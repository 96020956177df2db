-- ===== src/Scheduler/Runtime.antt =====
-- The state that the scheduler keeps of each job (src/scheduler.ts): `runtimeCache`, `abandonedJobRuns`,
-- the stored copy of the cache, the run store and the event log. Of a job's state only the fields that
-- the cache carries from one run to the next are here; the others come from the settings and the worker.
-- A time and a random id are arguments; an id is none where storing the start of a run failed, and the
-- later writes to the run store succeed.
pub mod Laws
pub mod Events
pub mod Flags
mod Tests
use bfrost.Prelude.{
  ℕ, String, Bool, true, false, not, ◌||◌, Option, none, some, List, [], ◌∷◌, ◌++◌, includes,
  get_or_else, or_else, lookup, insert, keep, str_eq, concat_texts, is_some, truthy, if◌then◌else◌,
}
use bfrost.Platform.{Platform}
use bfrost.Runs.{
  RunTrigger, schedule, manual, pipeline, RunRecord, FinishStatus, SkipReason, no_work, overlap,
  start_scheduler_run, finish_scheduler_run, FinishInput,
}

pub data LastStatus : Type 0 where
  idle success error skipped : LastStatus

pub record JobRuntime : Type 0 where
  pub queued : Bool
  pub queued_at : Option String
  pub running : Bool
  pub last_started_at : Option String
  pub last_finished_at : Option String
  pub last_status : LastStatus
  pub last_summary : Option String
  pub last_error : Option String
  pub last_trigger : Option RunTrigger

-- What `recordEvent` is given; the metadata has only the job here.
pub record JobEvent : Type 0 where
  pub category : String
  pub action : String
  pub severity : Option String
  pub summary : String
  pub job : String

pub record SchedulerState : Type 0 where
  pub runtime_cache : List (String × JobRuntime)
  pub abandoned_job_runs : List String
  pub persisted : List (String × JobRuntime)
  pub runs : List RunRecord
  pub events : List JobEvent

-- A registered job with its settings.
pub record Job : Type 0 where
  pub name : String
  pub label : String
  pub model_alias : String

-- The fallbacks for a job with no saved state.
abbrev pub no_runtime : JobRuntime
no_runtime = record {
  queued = false;
  queued_at = none;
  running = false;
  last_started_at = none;
  last_finished_at = none;
  last_status = idle;
  last_summary = none;
  last_error = none;
  last_trigger = none;
}

unfoldable pub has_abandoned_run : String → SchedulerState → Bool
has_abandoned_run name st = includes st.abandoned_job_runs name

unfoldable pub build_job_state : String → SchedulerState → JobRuntime
unfolding has_abandoned_run
build_job_state name st =
    let saved = get_or_else (lookup name st.runtime_cache) no_runtime in
    record saved { running = saved.running || has_abandoned_run name st }

abbrev pub set_runtime : String → JobRuntime → SchedulerState → SchedulerState
set_runtime name runtime st = record st { runtime_cache = insert name runtime st.runtime_cache }

-- `payload.jobs[name] = …` for the known jobs in turn.
pub persisted_jobs :
    List String
    → List (String × JobRuntime)
    → List (String × JobRuntime)
    → List (String × JobRuntime)
persisted_jobs [] cache payload = payload
persisted_jobs (name ∷ known) cache payload =
    persisted_jobs known cache
      (elim (lookup name cache) [ none ↦ payload | some current ↦ insert name current payload ])

unfoldable pub persist_runtime : List String → SchedulerState → SchedulerState
unfolding persisted_jobs
persist_runtime known st = record st { persisted = persisted_jobs known st.runtime_cache [] }

-- A saved job comes back neither queued nor running.
pub hydrated : JobRuntime → JobRuntime
hydrated saved = record saved { queued = false; queued_at = none; running = false }

pub hydrated_jobs :
    List String
    → List (String × JobRuntime)
    → List (String × JobRuntime)
    → List (String × JobRuntime)
unfolding hydrated
hydrated_jobs [] parsed cache = cache
hydrated_jobs (name ∷ known) parsed cache =
    hydrated_jobs known parsed
      (elim (lookup name parsed) [ none ↦ cache | some saved ↦ insert name (hydrated saved) cache ])

pub hydrate_runtime_from_state :
    List String → List (String × JobRuntime) → SchedulerState → SchedulerState
unfolding hydrated_jobs
hydrate_runtime_from_state known parsed st = record st {
  runtime_cache = hydrated_jobs known parsed st.runtime_cache;
}

abbrev pub record_event : JobEvent → SchedulerState → SchedulerState
record_event event st = record st { events = st.events ++ event ∷ [] }

abbrev pub job_event : Job → String → Option String → List String → JobEvent
job_event job action severity parts = record {
  category = "job";
  action = action;
  severity = severity;
  summary = concat_texts parts;
  job = job.name;
}

-- `${trigger}`.
pub trigger_text : RunTrigger → String
trigger_text RunTrigger.schedule = "schedule"
trigger_text RunTrigger.manual = "manual"
trigger_text RunTrigger.pipeline = "pipeline"
trigger_text RunTrigger.event = "event"

pub mark_job_queued :
    List String → Job → JobRuntime → RunTrigger → String → SchedulerState → SchedulerState
unfolding persist_runtime trigger_text
mark_job_queued known job current trigger queued_at st =
    let queued_job : JobRuntime = record current {
      queued = true;
      queued_at = some queued_at;
      running = false;
      last_error = none;
    } in
    record_event
      (job_event job "queued" none (job.label ∷ " queued by " ∷ trigger_text trigger ∷ "." ∷ []))
      (persist_runtime known (set_runtime job.name queued_job st))

unfoldable pub start_scheduler_run_safe :
    Platform → Option String → Job → RunTrigger → String → SchedulerState → SchedulerState
start_scheduler_run_safe p none job trigger started_at st = st
start_scheduler_run_safe p (some id) job trigger started_at st = record st {
  runs =
      (start_scheduler_run p st.runs id (record {
        job = job.name;
        label = job.label;
        trigger = trigger;
        model_alias = job.model_alias;
        started_at = started_at;
      })).1;
}

unfoldable pub finish_scheduler_run_safe :
    Platform → Option String → FinishInput → SchedulerState → SchedulerState
finish_scheduler_run_safe p none input st = st
finish_scheduler_run_safe p (some id) input st = record st {
  runs = (finish_scheduler_run p st.runs id input).1;
}

-- The part before the handler starts.
unfoldable pub begin_job :
    List String
    → Platform
    → Job
    → RunTrigger
    → String
    → Option String
    → SchedulerState
    → SchedulerState
unfolding build_job_state persist_runtime start_scheduler_run_safe trigger_text
begin_job known p job trigger started_at run_id st =
    let running_job : JobRuntime = record (build_job_state job.name st) {
      queued = false;
      queued_at = none;
      running = true;
      last_started_at = some started_at;
      last_error = none;
      last_trigger = some trigger;
    } in
    record_event
      (job_event job "started" none (job.label ∷ " started by " ∷ trigger_text trigger ∷ "." ∷ []))
      (start_scheduler_run_safe p run_id job trigger started_at
        (persist_runtime known (set_runtime job.name running_job st)))

-- The record of a slot that was not run, as both kinds of skip finish it.
abbrev pub skip_input : String → String → SkipReason → FinishInput
skip_input now message reason = record {
  finished_at = now;
  status = FinishStatus.skipped;
  summary = none;
  error = some message;
  item_count = some 0;
  skip_reason = some reason;
}

pub record_no_work_skipped_run :
    List String → Platform → Job → String → Option String → SchedulerState → SchedulerState
unfolding build_job_state persist_runtime start_scheduler_run_safe finish_scheduler_run_safe
record_no_work_skipped_run known p job now run_id st =
    let message =
      concat_texts (job.label ∷ " skipped because no worker-declared work is ready." ∷ []) in
    let idle_job : JobRuntime = record (build_job_state job.name st) {
      running = false;
      last_started_at = some now;
      last_finished_at = some now;
      last_status = LastStatus.skipped;
      last_summary = none;
      last_error = some message;
      last_trigger = some schedule;
    } in
    record_event (job_event job "skipped" none (message ∷ [])) (
      persist_runtime known (
        finish_scheduler_run_safe p run_id (skip_input now message no_work)
          (start_scheduler_run_safe p run_id job schedule now (set_runtime job.name idle_job st))))

pub record_busy_skipped_run :
    Platform → Job → Option String → String → Option String → SchedulerState → SchedulerState
unfolding has_abandoned_run start_scheduler_run_safe finish_scheduler_run_safe
record_busy_skipped_run p job scheduled_at now run_id st =
    let message = concat_texts (
      job.label
      ∷ (if has_abandoned_run job.name st
          then " skipped its scheduled slot: the previous run outran its time budget and its handler is still executing."
          else " skipped its scheduled slot because the previous execution was still running.")
      ∷ []) in
    record_event (job_event job "overlap_skipped" (some "warning") (message ∷ [])) (
      finish_scheduler_run_safe p run_id (skip_input now message overlap)
        (start_scheduler_run_safe p run_id job schedule (get_or_else scheduled_at now) st))
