-- ===== src/Scheduler/Windows.antt =====
-- The catch-up window of a missed slot and the delays between retries (src/scheduler.ts). A number that
-- is no finite number is none; a jitter that the source draws at random is a parameter.
pub mod Laws
use bfrost.Prelude.{
  ℕ, ◌+◌, ◌-◌, ◌*◌, ◌/◌, ◌^◌, Bool, ◌&&◌, Option, none, some, ltb, leb, min, max, if◌then◌else◌,
}

abbrev pub catchup_window_ms : ℕ
catchup_window_ms = 93600000

abbrev pub max_catchup_window_ms : ℕ
max_catchup_window_ms = 604800000

-- Half of an odd interval has a half of a millisecond, which no age in milliseconds tells apart.
pub catch_up_window_ms : Option ℕ → ℕ
catch_up_window_ms none = catchup_window_ms
catch_up_window_ms (some slot_interval_ms) =
    if leb slot_interval_ms 0
    then catchup_window_ms
    else min (max (slot_interval_ms / 2) catchup_window_ms) max_catchup_window_ms

-- `slotAgeMs`, which is the difference of two instants, is not positive where the subtraction stops.
pub is_recoverable_slot_age : ℕ → Option ℕ → Bool
unfolding catch_up_window_ms
is_recoverable_slot_age slot_age_ms slot_interval_ms =
    ltb 0 slot_age_ms && leb slot_age_ms (catch_up_window_ms slot_interval_ms)

pub clamp_int : Option ℕ → ℕ → ℕ → ℕ → ℕ
clamp_int none fallback low high = fallback
clamp_int (some value) fallback low high = min (max value low) high

pub record RetryPolicy : Type 0 where
  pub max_retries : ℕ
  pub initial_backoff_ms : ℕ
  pub max_backoff_ms : ℕ

pub record RawRetryPolicy : Type 0 where
  pub max_retries : Option ℕ
  pub initial_backoff_ms : Option ℕ
  pub max_backoff_ms : Option ℕ

abbrev pub default_job_retry_policy : RetryPolicy
default_job_retry_policy = record {
  max_retries = 2;
  initial_backoff_ms = 1000;
  max_backoff_ms = 30000;
}

-- The whole numbers of the policy; the ratio of the jitter is a fraction and stays outside.
pub normalize_retry_policy : RawRetryPolicy → RetryPolicy
unfolding clamp_int
normalize_retry_policy policy = record {
  max_retries = clamp_int policy.max_retries default_job_retry_policy.max_retries 0 10;
  initial_backoff_ms =
      clamp_int policy.initial_backoff_ms default_job_retry_policy.initial_backoff_ms 0 300000;
  max_backoff_ms = clamp_int policy.max_backoff_ms default_job_retry_policy.max_backoff_ms 0 300000;
}

-- The delay before the jitter.
pub base_delay_ms : ℕ → RetryPolicy → ℕ
base_delay_ms attempt policy =
    min policy.max_backoff_ms (policy.initial_backoff_ms * 2 ^ (attempt - 1))

-- A jitter is what the rounded sum of a base and its random part comes to.
unfoldable pub retry_delay_ms : ℕ → RetryPolicy → (ℕ → ℕ) → ℕ
unfolding base_delay_ms
retry_delay_ms attempt policy jitter =
    let base = base_delay_ms attempt policy in if leb base 0 then base else jitter base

•••

● WORK INSTRUCTIONS
Could you reproduce, exactly, every line above from the line with "let idle_job : JobRuntime" to the line with "unfolding has_abandoned_run start_scheduler_run_safe", and no other line? Both ends count.

● REPLY TO THE TASK
    let idle_job : JobRuntime = record (build_job_state job.name st) {
      running = false;
      last_started_at = some now;
      last_finished_at = some now;
      last_status = LastStatus.skipped;
      last_summary = none;
      last_error = some message;
      last_trigger = some schedule;
    } in
    record_event (job_event job "skipped" none (message ∷ [])) (
      persist_runtime known (
        finish_scheduler_run_safe p run_id (skip_input now message no_work)
          (start_scheduler_run_safe p run_id job schedule now (set_runtime job.name idle_job st))))

pub record_busy_skipped_run :
    Platform → Job → Option String → String → Option String → SchedulerState → SchedulerState
unfolding has_abandoned_run start_scheduler_run_safe finish_scheduler_run_safe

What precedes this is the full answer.